**Aim of the task**
From the records below, copy out each line that has the word "object".

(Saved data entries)
Content starts
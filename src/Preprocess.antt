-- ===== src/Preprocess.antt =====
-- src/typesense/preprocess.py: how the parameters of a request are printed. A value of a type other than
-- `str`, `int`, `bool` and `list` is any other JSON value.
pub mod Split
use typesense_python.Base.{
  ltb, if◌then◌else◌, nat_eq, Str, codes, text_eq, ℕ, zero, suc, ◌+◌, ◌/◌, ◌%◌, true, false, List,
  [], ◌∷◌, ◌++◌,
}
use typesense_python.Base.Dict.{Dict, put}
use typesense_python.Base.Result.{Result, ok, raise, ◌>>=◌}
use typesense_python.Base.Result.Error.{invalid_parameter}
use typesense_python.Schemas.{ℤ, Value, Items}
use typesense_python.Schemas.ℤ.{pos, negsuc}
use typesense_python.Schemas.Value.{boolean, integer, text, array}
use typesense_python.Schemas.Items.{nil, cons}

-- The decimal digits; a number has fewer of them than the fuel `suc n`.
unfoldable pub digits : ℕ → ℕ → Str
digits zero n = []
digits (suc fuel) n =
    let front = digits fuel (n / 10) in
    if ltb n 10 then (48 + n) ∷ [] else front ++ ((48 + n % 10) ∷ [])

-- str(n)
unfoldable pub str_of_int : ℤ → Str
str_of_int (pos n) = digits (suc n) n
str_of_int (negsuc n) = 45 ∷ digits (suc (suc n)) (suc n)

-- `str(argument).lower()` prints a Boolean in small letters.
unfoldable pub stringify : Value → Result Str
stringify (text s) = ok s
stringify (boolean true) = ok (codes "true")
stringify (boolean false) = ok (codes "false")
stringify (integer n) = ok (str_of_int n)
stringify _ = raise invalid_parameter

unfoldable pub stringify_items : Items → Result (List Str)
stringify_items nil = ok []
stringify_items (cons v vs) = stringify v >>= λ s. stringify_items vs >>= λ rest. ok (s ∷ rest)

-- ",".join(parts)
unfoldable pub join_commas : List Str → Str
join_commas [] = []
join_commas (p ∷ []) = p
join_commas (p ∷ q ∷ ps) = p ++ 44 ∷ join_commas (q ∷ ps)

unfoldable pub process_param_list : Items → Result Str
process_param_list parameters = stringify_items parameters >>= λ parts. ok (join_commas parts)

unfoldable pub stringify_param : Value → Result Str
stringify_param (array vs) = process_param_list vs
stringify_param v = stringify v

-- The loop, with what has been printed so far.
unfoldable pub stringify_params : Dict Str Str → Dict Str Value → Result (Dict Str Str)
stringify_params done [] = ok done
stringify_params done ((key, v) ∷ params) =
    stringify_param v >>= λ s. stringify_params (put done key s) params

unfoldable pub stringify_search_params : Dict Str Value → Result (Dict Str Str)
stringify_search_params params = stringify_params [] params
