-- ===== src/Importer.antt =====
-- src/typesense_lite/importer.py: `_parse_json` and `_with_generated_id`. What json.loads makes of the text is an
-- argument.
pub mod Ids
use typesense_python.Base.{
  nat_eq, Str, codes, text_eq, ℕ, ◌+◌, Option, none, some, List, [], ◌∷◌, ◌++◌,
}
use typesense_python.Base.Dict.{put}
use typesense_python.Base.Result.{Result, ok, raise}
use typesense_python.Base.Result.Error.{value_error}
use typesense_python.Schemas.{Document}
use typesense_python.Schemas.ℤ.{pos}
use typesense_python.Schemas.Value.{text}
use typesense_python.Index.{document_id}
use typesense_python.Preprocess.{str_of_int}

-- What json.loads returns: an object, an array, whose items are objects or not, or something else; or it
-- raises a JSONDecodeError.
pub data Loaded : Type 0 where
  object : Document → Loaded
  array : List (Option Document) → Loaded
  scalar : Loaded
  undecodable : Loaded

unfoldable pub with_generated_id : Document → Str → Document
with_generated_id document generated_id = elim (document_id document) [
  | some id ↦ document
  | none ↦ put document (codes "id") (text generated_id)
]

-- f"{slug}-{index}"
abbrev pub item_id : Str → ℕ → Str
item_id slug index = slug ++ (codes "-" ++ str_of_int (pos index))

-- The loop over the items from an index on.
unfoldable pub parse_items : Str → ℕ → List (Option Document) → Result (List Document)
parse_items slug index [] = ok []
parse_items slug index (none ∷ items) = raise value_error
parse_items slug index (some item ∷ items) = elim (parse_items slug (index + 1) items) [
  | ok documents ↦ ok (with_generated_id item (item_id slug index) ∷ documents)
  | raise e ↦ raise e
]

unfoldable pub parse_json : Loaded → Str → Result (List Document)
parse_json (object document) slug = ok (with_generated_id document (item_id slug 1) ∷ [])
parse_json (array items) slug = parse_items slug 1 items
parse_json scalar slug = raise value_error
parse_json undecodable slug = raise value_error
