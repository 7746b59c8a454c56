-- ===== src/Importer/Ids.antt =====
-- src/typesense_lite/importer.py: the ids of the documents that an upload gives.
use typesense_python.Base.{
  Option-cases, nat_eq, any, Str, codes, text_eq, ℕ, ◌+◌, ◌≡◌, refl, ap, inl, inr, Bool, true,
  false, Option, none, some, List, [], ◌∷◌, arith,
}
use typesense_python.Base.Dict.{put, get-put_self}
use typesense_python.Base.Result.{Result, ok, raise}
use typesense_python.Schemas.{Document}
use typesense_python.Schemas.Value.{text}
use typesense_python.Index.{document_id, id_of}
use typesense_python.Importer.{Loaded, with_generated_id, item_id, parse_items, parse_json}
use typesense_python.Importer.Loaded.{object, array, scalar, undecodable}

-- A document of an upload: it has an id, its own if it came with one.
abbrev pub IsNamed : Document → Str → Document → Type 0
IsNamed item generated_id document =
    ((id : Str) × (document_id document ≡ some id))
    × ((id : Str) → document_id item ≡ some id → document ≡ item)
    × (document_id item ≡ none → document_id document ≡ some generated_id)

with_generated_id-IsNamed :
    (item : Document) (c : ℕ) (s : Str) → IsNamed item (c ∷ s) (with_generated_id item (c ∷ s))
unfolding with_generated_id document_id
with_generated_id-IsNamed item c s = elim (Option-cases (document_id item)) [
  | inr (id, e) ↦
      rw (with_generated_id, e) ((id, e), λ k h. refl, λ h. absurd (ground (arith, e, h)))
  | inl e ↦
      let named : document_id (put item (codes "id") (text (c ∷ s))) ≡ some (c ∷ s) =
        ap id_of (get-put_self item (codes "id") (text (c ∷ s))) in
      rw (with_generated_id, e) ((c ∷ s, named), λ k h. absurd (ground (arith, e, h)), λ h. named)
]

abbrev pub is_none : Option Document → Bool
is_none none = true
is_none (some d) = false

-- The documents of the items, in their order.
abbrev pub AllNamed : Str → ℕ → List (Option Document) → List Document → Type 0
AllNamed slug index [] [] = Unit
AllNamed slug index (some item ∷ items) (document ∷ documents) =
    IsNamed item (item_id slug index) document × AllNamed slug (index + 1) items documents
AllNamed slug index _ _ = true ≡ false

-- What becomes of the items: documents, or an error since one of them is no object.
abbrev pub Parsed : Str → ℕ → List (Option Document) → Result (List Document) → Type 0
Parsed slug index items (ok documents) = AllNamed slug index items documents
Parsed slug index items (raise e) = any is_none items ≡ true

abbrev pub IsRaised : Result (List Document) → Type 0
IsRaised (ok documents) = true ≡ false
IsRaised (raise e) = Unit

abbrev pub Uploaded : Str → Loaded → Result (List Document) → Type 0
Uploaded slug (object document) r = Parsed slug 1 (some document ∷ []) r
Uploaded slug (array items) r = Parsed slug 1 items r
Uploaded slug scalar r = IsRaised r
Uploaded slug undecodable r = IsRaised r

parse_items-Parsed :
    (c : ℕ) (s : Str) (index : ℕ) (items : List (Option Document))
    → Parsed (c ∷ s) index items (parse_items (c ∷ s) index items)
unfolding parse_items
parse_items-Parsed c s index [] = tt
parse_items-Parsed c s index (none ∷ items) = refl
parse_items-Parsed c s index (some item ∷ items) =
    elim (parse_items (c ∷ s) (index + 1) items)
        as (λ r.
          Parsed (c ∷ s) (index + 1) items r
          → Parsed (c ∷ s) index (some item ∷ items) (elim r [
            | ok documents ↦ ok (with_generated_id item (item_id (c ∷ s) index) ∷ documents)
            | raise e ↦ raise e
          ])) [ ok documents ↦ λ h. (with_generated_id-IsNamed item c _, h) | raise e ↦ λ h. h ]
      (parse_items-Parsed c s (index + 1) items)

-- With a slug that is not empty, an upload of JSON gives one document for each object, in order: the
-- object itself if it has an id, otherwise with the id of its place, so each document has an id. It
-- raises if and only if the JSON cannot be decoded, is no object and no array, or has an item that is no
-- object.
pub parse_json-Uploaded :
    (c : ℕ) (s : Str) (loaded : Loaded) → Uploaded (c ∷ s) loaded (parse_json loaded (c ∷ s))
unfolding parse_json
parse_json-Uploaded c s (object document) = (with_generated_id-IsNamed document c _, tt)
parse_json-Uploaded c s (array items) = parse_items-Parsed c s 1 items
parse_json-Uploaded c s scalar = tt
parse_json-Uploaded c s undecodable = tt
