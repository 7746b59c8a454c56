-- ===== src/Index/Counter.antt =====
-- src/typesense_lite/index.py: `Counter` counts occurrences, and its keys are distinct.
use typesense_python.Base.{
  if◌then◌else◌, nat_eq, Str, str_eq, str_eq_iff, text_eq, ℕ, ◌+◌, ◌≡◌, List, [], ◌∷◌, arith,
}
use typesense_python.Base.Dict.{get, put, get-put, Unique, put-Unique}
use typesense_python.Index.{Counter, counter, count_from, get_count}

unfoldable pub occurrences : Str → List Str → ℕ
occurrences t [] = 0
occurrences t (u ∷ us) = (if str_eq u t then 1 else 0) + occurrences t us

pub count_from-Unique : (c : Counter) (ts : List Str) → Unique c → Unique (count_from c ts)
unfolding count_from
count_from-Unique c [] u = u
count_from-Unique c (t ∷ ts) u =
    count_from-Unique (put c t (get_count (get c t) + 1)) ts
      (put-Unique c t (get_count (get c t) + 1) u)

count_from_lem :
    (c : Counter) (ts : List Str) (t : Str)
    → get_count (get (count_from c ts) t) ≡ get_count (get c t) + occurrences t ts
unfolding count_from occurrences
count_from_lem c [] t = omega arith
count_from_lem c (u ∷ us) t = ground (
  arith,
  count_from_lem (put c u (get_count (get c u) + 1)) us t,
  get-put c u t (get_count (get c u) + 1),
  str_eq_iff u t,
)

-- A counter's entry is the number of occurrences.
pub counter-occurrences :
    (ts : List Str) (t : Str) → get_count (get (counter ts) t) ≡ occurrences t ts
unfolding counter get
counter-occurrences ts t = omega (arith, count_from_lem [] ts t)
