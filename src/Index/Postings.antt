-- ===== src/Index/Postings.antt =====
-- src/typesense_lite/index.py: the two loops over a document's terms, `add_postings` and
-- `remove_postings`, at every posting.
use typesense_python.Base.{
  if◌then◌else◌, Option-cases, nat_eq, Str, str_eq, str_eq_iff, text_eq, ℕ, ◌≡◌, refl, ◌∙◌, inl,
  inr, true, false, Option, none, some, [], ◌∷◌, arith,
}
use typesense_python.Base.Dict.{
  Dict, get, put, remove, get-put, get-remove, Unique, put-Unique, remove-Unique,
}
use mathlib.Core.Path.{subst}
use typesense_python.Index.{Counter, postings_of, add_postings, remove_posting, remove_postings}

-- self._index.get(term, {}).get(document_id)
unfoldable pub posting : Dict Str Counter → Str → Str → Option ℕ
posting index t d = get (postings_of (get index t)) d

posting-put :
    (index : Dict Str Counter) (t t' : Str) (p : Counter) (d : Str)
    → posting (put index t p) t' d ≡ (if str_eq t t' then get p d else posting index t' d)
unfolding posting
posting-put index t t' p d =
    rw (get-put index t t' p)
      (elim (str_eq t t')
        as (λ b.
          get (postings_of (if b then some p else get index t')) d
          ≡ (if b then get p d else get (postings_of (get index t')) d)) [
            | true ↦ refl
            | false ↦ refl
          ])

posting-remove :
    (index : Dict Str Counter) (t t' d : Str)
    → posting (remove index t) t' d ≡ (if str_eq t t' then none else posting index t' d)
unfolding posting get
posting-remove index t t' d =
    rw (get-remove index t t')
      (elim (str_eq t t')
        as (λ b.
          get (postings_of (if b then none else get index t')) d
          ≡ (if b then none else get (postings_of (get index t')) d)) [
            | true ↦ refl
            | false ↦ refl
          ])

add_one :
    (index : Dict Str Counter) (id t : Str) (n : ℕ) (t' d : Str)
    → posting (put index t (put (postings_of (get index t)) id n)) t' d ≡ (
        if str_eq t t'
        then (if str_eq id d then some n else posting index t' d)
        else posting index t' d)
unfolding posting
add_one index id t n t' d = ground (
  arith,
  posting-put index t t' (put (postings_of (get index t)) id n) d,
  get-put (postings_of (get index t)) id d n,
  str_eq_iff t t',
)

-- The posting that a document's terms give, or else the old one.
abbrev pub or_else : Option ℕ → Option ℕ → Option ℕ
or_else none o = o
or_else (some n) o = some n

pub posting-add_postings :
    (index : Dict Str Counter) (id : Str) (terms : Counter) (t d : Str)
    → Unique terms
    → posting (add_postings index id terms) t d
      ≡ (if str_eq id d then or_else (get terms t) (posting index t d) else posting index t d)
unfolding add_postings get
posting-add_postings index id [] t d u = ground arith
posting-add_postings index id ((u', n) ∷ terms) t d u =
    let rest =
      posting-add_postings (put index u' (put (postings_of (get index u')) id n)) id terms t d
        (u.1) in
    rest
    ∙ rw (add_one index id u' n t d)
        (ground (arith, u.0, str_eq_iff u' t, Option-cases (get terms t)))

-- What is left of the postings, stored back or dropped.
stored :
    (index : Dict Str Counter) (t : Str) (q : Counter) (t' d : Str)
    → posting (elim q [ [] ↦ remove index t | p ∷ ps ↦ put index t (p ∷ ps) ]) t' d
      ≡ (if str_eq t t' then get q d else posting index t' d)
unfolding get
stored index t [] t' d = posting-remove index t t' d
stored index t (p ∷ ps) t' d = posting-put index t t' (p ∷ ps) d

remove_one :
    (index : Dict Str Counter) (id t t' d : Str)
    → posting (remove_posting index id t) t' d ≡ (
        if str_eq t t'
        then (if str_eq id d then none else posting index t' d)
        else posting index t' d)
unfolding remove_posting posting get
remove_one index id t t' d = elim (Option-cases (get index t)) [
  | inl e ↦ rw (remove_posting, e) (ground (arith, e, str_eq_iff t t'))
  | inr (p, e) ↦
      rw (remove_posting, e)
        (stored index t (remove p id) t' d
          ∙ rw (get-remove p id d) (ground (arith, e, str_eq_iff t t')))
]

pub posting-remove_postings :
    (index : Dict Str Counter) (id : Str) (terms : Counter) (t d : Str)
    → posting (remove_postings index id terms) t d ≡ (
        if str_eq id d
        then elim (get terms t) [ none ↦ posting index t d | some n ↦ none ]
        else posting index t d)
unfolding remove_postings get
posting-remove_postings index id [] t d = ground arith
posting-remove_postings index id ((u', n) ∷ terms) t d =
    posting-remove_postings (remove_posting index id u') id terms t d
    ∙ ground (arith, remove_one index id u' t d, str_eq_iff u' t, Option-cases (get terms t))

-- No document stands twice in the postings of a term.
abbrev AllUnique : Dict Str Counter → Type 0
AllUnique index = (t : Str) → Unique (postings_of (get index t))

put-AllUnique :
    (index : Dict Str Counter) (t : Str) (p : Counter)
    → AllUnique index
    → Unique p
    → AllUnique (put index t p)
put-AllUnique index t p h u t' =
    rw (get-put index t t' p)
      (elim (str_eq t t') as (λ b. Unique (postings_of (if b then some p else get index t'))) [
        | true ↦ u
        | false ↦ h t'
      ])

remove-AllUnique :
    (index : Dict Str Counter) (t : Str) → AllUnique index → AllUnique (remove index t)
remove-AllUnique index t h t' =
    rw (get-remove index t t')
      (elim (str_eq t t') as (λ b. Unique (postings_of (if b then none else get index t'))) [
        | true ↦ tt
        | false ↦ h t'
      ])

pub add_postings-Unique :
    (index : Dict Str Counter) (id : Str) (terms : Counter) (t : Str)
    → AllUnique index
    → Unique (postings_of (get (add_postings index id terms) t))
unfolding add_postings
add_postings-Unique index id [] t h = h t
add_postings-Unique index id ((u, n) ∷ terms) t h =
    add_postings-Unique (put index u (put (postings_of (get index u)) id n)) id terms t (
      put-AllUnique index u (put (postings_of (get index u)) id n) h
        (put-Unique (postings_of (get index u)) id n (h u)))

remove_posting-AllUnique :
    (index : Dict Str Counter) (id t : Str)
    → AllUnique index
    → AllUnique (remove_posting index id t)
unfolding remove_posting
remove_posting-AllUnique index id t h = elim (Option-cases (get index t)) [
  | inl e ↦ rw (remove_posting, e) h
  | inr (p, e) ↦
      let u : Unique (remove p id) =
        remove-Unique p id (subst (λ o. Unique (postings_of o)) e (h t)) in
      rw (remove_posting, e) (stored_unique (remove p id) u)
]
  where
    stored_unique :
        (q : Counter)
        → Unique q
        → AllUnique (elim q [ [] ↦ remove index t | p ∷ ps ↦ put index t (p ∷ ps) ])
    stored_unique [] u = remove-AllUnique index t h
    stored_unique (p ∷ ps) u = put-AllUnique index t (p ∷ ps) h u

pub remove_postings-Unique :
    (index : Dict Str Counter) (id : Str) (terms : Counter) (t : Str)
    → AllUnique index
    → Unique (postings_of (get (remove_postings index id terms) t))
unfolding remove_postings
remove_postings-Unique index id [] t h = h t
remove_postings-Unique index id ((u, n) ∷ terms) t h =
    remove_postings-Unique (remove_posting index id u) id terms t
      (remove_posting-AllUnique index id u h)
Content ends
**Task answer**
-- What json.loads returns: an object, an array, whose items are objects or not, or something else; or it
  object : Document → Loaded
parse_json (object document) slug = ok (with_generated_id document (item_id slug 1) ∷ [])
use typesense_python.Importer.Loaded.{object, array, scalar, undecodable}
-- What becomes of the items: documents, or an error since one of them is no object.
Uploaded slug (object document) r = Parsed slug 1 (some document ∷ []) r
-- With a slug that is not empty, an upload of JSON gives one document for each object, in order: the
-- object itself if it has an id, otherwise with the id of its place, so each document has an id. It
-- raises if and only if the JSON cannot be decoded, is no object and no array, or has an item that is no
-- object.
parse_json-Uploaded c s (object document) = (with_generated_id-IsNamed document c _, tt)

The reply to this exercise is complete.